● **WORK ITEM**:
Take the entries that follow and return exactly the lines from the one holding "unfolding push_carry digit_value" through the one holding "push_carry-Digits zero carry = tt", both included. Nothing else is needed.

● **AVAILABLE DATA**:
-- ===== src/Relayer/Base58.antt =====
-- packages/relayer/src/submit.ts: `base58Encode`, the minimal encoder for the Solana alphabet, and
-- `recoverFirstSignature`. A string is the list of its character codes.
use b402_solana.Common.{
  ℕ, zero, suc, ◌+◌, ◌*◌, ◌/◌, ◌%◌, ◌≤◌, ◌<◌, ◌≡◌, refl, ap, ◌∙◌, arith, Bool, true, false, List,
  [], ◌∷◌, ◌++◌, drop, get_or, replicate, All, Text, codes, Bytes, ◌==◌, ==_iff, ◌&&◌, Bool-cases,
  inl, inr, if◌then◌else◌,
}

abbrev pub alphabet : Text
alphabet = codes "123456789ABCDEFGHJKLMNPQRSTUVWXYZabcdefghijkmnopqrstuvwxyz"

-- The leading bytes that are 0, and what follows them.
unfoldable pub leading_zeros : Bytes → ℕ
leading_zeros [] = 0
leading_zeros (b ∷ bytes) = let rest = leading_zeros bytes in if b == 0 then suc rest else 0

unfoldable pub significant : Bytes → Bytes
significant bytes = drop (leading_zeros bytes) bytes

-- The `while (carry > 0)` of the encoder, the digits that it pushes; a carry has at most as many
-- digits as it is large.
unfoldable pub push_carry : ℕ → ℕ → List ℕ
push_carry zero carry = []
push_carry (suc fuel) carry =
    let rest = push_carry fuel (carry / 58) in if carry == 0 then [] else carry % 58 ∷ rest

-- One byte of the outer loop: its carry runs through the digits.
unfoldable pub mul_add : List ℕ → ℕ → List ℕ
mul_add [] carry = push_carry carry carry
mul_add (d ∷ digits) carry = (carry + d * 256) % 58 ∷ mul_add digits ((carry + d * 256) / 58)

unfoldable pub to_digits : List ℕ → Bytes → List ℕ
to_digits digits [] = digits
to_digits digits (b ∷ bytes) = to_digits (mul_add digits b) bytes

-- The last loop: from the last digit to the first.
unfoldable pub spell : List ℕ → Text
spell [] = []
spell (d ∷ digits) = spell digits ++ (get_or alphabet d 0 ∷ [])

unfoldable pub base58_encode : Bytes → Text
base58_encode bytes =
    replicate (leading_zeros bytes) 49 ++ spell (to_digits (0 ∷ []) (significant bytes))

-- The number that a base-58 string stands for: each character is its place in the alphabet.
abbrev pub index_of : ℕ → List ℕ → ℕ
index_of c [] = 0
index_of c (d ∷ l) = let rest = index_of c l in if c == d then 0 else suc rest

abbrev pub base58_value : ℕ → Text → ℕ
base58_value v [] = v
base58_value v (c ∷ t) = base58_value (v * 58 + index_of c alphabet) t

-- The number that big-endian bytes stand for.
abbrev pub number : ℕ → Bytes → ℕ
number v [] = v
number v (b ∷ bytes) = number (v * 256 + b) bytes

digit_value : List ℕ → ℕ
digit_value [] = 0
digit_value (d ∷ digits) = d + 58 * digit_value digits

abbrev Digits : List ℕ → Type 0
Digits = All (λ d. d < 58)

div_le : (n fuel : ℕ) → n ≤ suc fuel → n / 58 ≤ fuel
div_le n fuel h = omega arith

push_carry-value : (fuel carry : ℕ) → carry ≤ fuel → digit_value (push_carry fuel carry) ≡ carry
unfolding push_carry digit_value
push_carry-value zero carry h = omega arith
push_carry-value (suc fuel) carry h =
    ground (arith, push_carry-value fuel (carry / 58) (div_le carry fuel h))

push_carry-Digits : (fuel carry : ℕ) → Digits (push_carry fuel carry)
unfolding push_carry
push_carry-Digits zero carry = tt
push_carry-Digits (suc fuel) carry = elim (Bool-cases (carry == 0)) [
  | inl z ↦ rw (z, push_carry) tt
  | inr z ↦ rw (z, push_carry) (omega arith, push_carry-Digits fuel (carry / 58))
]

mul_add-value :
    (digits : List ℕ) (carry : ℕ)
    → digit_value (mul_add digits carry) ≡ digit_value digits * 256 + carry
unfolding mul_add digit_value
mul_add-value [] carry = omega (arith, push_carry-value carry carry (omega arith))
mul_add-value (d ∷ digits) carry = omega (arith, mul_add-value digits ((carry + d * 256) / 58))

mul_add-Digits : (digits : List ℕ) (carry : ℕ) → Digits (mul_add digits carry)
unfolding mul_add
mul_add-Digits [] carry = push_carry-Digits carry carry
mul_add-Digits (d ∷ digits) carry = (omega arith, mul_add-Digits digits ((carry + d * 256) / 58))

to_digits-value :
    (digits : List ℕ) (bytes : Bytes)
    → digit_value (to_digits digits bytes) ≡ number (digit_value digits) bytes
unfolding to_digits
to_digits-value digits [] = refl
to_digits-value digits (b ∷ bytes) =
    to_digits-value (mul_add digits b) bytes ∙ ap (λ v. number v bytes) (mul_add-value digits b)

to_digits-Digits :
    (digits : List ℕ) (bytes : Bytes) → Digits digits → Digits (to_digits digits bytes)
unfolding to_digits
to_digits-Digits digits [] h = h
to_digits-Digits digits (b ∷ bytes) h =
    to_digits-Digits (mul_add digits b) bytes (mul_add-Digits digits b)

-- A test that holds up to a bound holds at each number below it.
all_below : ℕ → (ℕ → Bool) → Bool
all_below zero p = true
all_below (suc n) p = p n && all_below n p

all_below_split : (a b : Bool) → a && b ≡ true → (a ≡ true) × (b ≡ true)
all_below_split true b h = (refl, h)
all_below_split false b h = cc

all_below-lt : (n : ℕ) (p : ℕ → Bool) (i : ℕ) → all_below n p ≡ true → i < n → p i ≡ true
unfolding all_below
all_below-lt zero p i h lt = ground arith
all_below-lt (suc n) p i h lt =
    let (here, below) = all_below_split (p n) _ h in
    elim (Bool-cases (i == n)) [
      | inl last ↦ ap p ((==_iff i n).0 last) ∙ here
      | inr more ↦ all_below-lt n p i below (ground arith)
    ]

place : ℕ → Bool
place d = index_of (get_or alphabet d 0) alphabet == d

places : all_below 58 place ≡ true
unfolding all_below place
places = refl

index_of-alphabet : (d : ℕ) → d < 58 → index_of (get_or alphabet d 0) alphabet ≡ d
unfolding place
index_of-alphabet d h = (==_iff _ _).0 (all_below-lt 58 place d places h)

base58_value-append :
    (v : ℕ) (s t : Text) → base58_value v (s ++ t) ≡ base58_value (base58_value v s) t
base58_value-append v [] t = refl
base58_value-append v (c ∷ s) t = base58_value-append (v * 58 + index_of c alphabet) s t

base58_value-spell :
    (digits : List ℕ) → Digits digits → base58_value 0 (spell digits) ≡ digit_value digits
unfolding spell digit_value
base58_value-spell [] h = refl
base58_value-spell (d ∷ digits) (p, h) =
    base58_value-append 0 (spell digits) (get_or alphabet d 0 ∷ [])
    ∙ omega (arith, base58_value-spell digits h, index_of-alphabet d p)

base58_value-ones : (n : ℕ) (t : Text) → base58_value 0 (replicate n 49 ++ t) ≡ base58_value 0 t
base58_value-ones zero t = refl
base58_value-ones (suc n) t = base58_value-ones n t

number-significant : (bytes : Bytes) → number 0 (significant bytes) ≡ number 0 bytes
unfolding significant leading_zeros
number-significant [] = refl
number-significant (b ∷ bytes) = elim (Bool-cases (b == 0)) [
  | inl z ↦
      let same : 0 ≡ 0 + b = omega (arith, (==_iff b 0).0 z) in
      rw z (number-significant bytes ∙ ap (λ v. number v bytes) same)
  | inr z ↦ rw z refl
]

-- The base-58 string of any bytes stands for the number that the bytes, big-endian, stand for.
pub base58_encode-number : (bytes : Bytes) → base58_value 0 (base58_encode bytes) ≡ number 0 bytes
unfolding base58_encode digit_value
base58_encode-number bytes =
    base58_value-ones (leading_zeros bytes) _
    ∙ base58_value-spell _ (to_digits-Digits (0 ∷ []) (significant bytes) (omega arith, tt))
    ∙ to_digits-value (0 ∷ []) (significant bytes)
    ∙ number-significant bytes

leading_zeros-replicate : (n : ℕ) → leading_zeros (replicate n 0) ≡ n
unfolding leading_zeros
leading_zeros-replicate zero = refl
leading_zeros-replicate (suc n) = ap suc (leading_zeros-replicate n)

drop-replicate : (n : ℕ) → drop {A = ℕ} n (replicate n 0) ≡ []
drop-replicate zero = refl
drop-replicate (suc n) = drop-replicate n

replicate-snoc : (n c : ℕ) → replicate n c ++ (c ∷ []) ≡ c ∷ replicate n c
replicate-snoc zero c = refl
replicate-snoc (suc n) c = ap (◌∷◌ c) (replicate-snoc n c)

-- Bytes that are all 0 are spelled with one 1 more than there are bytes.
pub base58_encode-zeros : (n : ℕ) → base58_encode (replicate n 0) ≡ replicate (suc n) 49
unfolding base58_encode significant to_digits spell
base58_encode-zeros n = rw (leading_zeros-replicate n, drop-replicate n) (replicate-snoc n 49)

● **WRITTEN REPLY**:
unfolding push_carry digit_value
push_carry-value zero carry h = omega arith
push_carry-value (suc fuel) carry h =
    ground (arith, push_carry-value fuel (carry / 58) (div_le carry fuel h))

push_carry-Digits : (fuel carry : ℕ) → Digits (push_carry fuel carry)
unfolding push_carry
push_carry-Digits zero carry = tt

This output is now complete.